* **Work to be completed**
Pull out every line below that contains the word "Prelude".

** Extracted data follows **

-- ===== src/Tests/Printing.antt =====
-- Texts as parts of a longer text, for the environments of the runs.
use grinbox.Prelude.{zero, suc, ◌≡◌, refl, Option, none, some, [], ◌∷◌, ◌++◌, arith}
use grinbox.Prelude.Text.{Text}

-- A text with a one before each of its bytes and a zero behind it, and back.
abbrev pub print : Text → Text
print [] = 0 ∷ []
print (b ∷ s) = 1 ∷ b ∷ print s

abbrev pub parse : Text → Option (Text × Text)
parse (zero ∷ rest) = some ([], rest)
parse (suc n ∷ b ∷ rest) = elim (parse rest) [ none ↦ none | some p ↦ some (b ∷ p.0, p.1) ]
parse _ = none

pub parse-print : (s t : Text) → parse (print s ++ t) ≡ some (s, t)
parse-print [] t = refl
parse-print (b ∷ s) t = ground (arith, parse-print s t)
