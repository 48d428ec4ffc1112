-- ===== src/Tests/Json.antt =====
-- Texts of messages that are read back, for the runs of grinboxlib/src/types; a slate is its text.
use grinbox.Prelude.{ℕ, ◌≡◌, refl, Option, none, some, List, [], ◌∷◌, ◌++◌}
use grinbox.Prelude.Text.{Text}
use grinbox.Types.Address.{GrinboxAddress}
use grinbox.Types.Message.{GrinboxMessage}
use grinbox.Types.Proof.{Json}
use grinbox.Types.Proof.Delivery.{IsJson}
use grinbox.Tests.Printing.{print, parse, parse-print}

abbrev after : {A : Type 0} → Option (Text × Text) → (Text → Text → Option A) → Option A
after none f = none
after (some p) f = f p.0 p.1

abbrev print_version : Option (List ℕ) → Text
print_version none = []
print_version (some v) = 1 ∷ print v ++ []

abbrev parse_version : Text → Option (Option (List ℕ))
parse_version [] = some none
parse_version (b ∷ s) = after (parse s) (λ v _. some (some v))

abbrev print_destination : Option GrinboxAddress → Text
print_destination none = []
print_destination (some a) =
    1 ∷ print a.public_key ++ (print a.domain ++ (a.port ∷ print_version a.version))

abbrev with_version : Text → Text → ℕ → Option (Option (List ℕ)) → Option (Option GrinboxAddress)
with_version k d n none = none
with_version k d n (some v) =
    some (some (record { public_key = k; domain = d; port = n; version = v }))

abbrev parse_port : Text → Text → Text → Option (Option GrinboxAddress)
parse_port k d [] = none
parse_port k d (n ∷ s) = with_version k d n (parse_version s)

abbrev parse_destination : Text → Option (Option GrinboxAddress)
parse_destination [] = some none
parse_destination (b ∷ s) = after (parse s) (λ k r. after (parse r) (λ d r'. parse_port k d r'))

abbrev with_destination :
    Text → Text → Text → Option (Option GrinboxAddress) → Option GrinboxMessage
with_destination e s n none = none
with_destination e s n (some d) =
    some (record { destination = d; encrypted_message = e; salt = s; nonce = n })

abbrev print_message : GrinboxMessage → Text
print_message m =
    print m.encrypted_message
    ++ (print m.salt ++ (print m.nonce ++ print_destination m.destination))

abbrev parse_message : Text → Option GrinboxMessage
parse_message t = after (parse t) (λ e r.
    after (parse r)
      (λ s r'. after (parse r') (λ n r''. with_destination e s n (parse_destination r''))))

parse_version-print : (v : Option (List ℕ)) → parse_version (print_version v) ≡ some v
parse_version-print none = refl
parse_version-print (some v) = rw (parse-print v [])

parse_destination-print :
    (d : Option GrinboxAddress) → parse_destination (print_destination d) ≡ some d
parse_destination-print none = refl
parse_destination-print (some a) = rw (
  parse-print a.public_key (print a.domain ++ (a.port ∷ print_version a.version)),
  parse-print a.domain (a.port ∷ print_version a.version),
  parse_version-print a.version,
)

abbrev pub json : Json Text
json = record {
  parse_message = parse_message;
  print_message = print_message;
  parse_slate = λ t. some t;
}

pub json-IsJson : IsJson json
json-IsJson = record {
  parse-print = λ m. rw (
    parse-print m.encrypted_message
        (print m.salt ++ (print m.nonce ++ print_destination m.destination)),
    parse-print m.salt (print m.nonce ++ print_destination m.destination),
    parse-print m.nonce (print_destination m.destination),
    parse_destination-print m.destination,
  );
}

** End of Extracted data **

* **Task response**
use grinbox.Prelude.{zero, suc, ◌≡◌, refl, Option, none, some, [], ◌∷◌, ◌++◌, arith}
use grinbox.Prelude.Text.{Text}
use grinbox.Prelude.{ℕ, ◌≡◌, refl, Option, none, some, List, [], ◌∷◌, ◌++◌}
use grinbox.Prelude.Text.{Text}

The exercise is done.